Stacks of books are lined against my walls right now. The bookshelf I bought on Amazon broke. It broke because I built it drunk. I have a horrible habit of wanting to get things done when I’m drunk, and this bookshelf was bought within the first month of me moving into the new apartment. I built the bookshelf drunk, and the next morning, realized how horribly I built it. The cat stepped on the bookshelf and it fell into shambles. I did what I had to do. I got drunk again and tried rebuilding it, securing it with new holes that I’d drilled into the foundation. Stupid mistake. I threw out the bookshelf.
It ended up for the better because I had way too many books for that bookshelf to hold. I needed a new book after The Coin. I rolled over on my mattress and stared at the options in front of me, the store sitting against my right-side wall instead of going to some place like Kinokuniya. Initially, I reached for White Teeth by Zadie Smith, then had the thought of, do I really want to do this to myself? I then picked up all about love: new visions by bell hooks. I tried reading the book before and absolutely hated it.
That was a year ago, though, and a lot has changed. In my Illness and half-rotted mind, I tried re-reading those opening pages. As I read into it more deeply, I struggled to find what pages I had problems with, what saying or quote spurred me so much to put the book down altogether. What did I find wrong in this? I thought. I was so sure of my distaste towards the book, almost to the point of it being a personality trait. I became one of those annoying people who thought different towards a beloved (ha) title that I had, unashamedly at the time, only read thirty or so pages of. Only to backpedal and realize, I had no idea why I detested this book and author for so long. The fact that she was just trying to find love in a repulsive world?? Is that so wrong??
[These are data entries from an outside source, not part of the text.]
-- ===== src/Policy/Answers.antt =====
-- The answers of the checkers one by one, and how two of them combine.
use helve.Base.{
  ◌≤◌, ◌≡◌, refl, Bool, true, false, not, ◌&&◌, Option, none, some, List, [], ◌∷◌, arith,
  if◌then◌else◌, All,
}
use helve.Risk.{RiskTier, PermissionLevel, weight, max_tier}
use helve.Policy.{ToolPolicyDecision, PolicyChecker, level_order, blocked, raise_level}

module _ {S Call : Type 0} where
  -- The answers of all checkers, had each been asked after those before it.
  abbrev pub verdicts : List (PolicyChecker S Call) → Call → S → List ToolPolicyDecision
  verdicts [] call s = []
  verdicts (c ∷ cs) call s = let (d, s') = c.check_policy call s in d ∷ verdicts cs call s'

abbrev pub is_block : ToolPolicyDecision → Bool
is_block d = not d.allowed && not d.approval_required

-- The first answer that blocks without asking for an approval.
abbrev pub first_block : List ToolPolicyDecision → Option ToolPolicyDecision
first_block [] = none
first_block (d ∷ ds) = let rest = first_block ds in if is_block d then some d else rest

-- The last answer that asks for an approval, or `o`.
abbrev pub last_deferral :
    Option ToolPolicyDecision → List ToolPolicyDecision → Option ToolPolicyDecision
last_deferral o [] = o
last_deferral o (d ∷ ds) =
    last_deferral (if not d.allowed && d.approval_required then some d else o) ds

-- `r` passes on the answer `d`: its reason, scope and kind, and a tier at least as heavy.
pub record PassesOn (d r : ToolPolicyDecision) : Type 0 where
  pub allowed : r.allowed ≡ false
  pub reason : r.reason ≡ d.reason
  pub approval_required : r.approval_required ≡ d.approval_required
  pub challenged : r.challenged ≡ d.challenged
  pub approval_scope : r.approval_scope ≡ d.approval_scope
  pub risk : weight d.risk ≤ weight r.risk

-- `r` is no lower than the answer in tier and in level.
abbrev pub Covers : ToolPolicyDecision → ToolPolicyDecision → Type 0
Covers r d = (weight d.risk ≤ weight r.risk) × (level_order d.level ≤ level_order r.level)

abbrev pub CoversAll :
    PermissionLevel → RiskTier → List ToolPolicyDecision → ToolPolicyDecision → Type 0
CoversAll l t ds r =
    All (Covers r) ds × (weight t ≤ weight r.risk) × (level_order l ≤ level_order r.level)

pub max_tier_right : (a b : RiskTier) → weight b ≤ weight (max_tier (some a ∷ some b ∷ []))
unfolding max_tier
max_tier_right a b = ground arith

pub max_tier_left : (a b : RiskTier) → weight a ≤ weight (max_tier (some a ∷ some b ∷ []))
unfolding max_tier
max_tier_left a b = ground arith

pub raise_level_both :
    (a l : PermissionLevel)
    → (level_order a ≤ level_order (raise_level a l))
      × (level_order l ≤ level_order (raise_level a l))
raise_level_both a l = ground arith

pub blocked-PassesOn :
    (l : PermissionLevel) (t : RiskTier) (d : ToolPolicyDecision) → PassesOn d (blocked l t d)
blocked-PassesOn l t d = record {
  allowed = refl;
  reason = refl;
  approval_required = refl;
  challenged = refl;
  approval_scope = refl;
  risk = max_tier_right t d.risk;
}

pub choose_if {ℓ} : {A : Type ℓ} (b : Bool) (x y : A) → b ≡ true → (if not b then x else y) ≡ y
choose_if b x y h = rw h

pub choose_defer {ℓ} :
    {A : Type ℓ} (b c : Bool) (x y z : A)
    → b ≡ false
    → c ≡ true
    → (if not b then (if c then x else y) else z) ≡ x
choose_defer b c x y z h q = rw (h, q)

pub choose_block {ℓ} :
    {A : Type ℓ} (b c : Bool) (x y z : A)
    → b ≡ false
    → c ≡ false
    → (if not b then (if c then x else y) else z) ≡ y
choose_block b c x y z h q = rw (h, q)

pub and-true : (a b : Bool) → a ≡ true → b ≡ (a && b)
and-true a b h = rw h

pub and-false : (a b : Bool) → a ≡ false → false ≡ (a && b)
and-false a b h = rw h

abbrev pub Deferred : Option ToolPolicyDecision → Option ToolPolicyDecision → Type 0
Deferred none none = Unit {0}
Deferred (some d) (some r) = PassesOn d r
Deferred _ _ = ⊥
I’m still sort of Ill. The fog is lifting. My room is still cluttered, but less so. I am still reading all about love. Today, I had mushrooms in my soup. I used to hate mushrooms, but now they’re one of the foods that bring me back to life, especially after rotting for so long. Your tastebuds change as you grow older, I suppose. I mean, last year I thought bell hooks’ cry against lovelessness was pointless, now I’m crying alongside her. Did my tastes change, do I really like bell hooks and mushrooms now? Or did life’s recent experiences leave me in such a bitter way that it made the things I once despised now taste good?
Writing this now, my cigarettes sit in their Grethers case in the left pocket of my winter coat, waiting to be exhumed. They’re American Spirits. I hate American Spirits.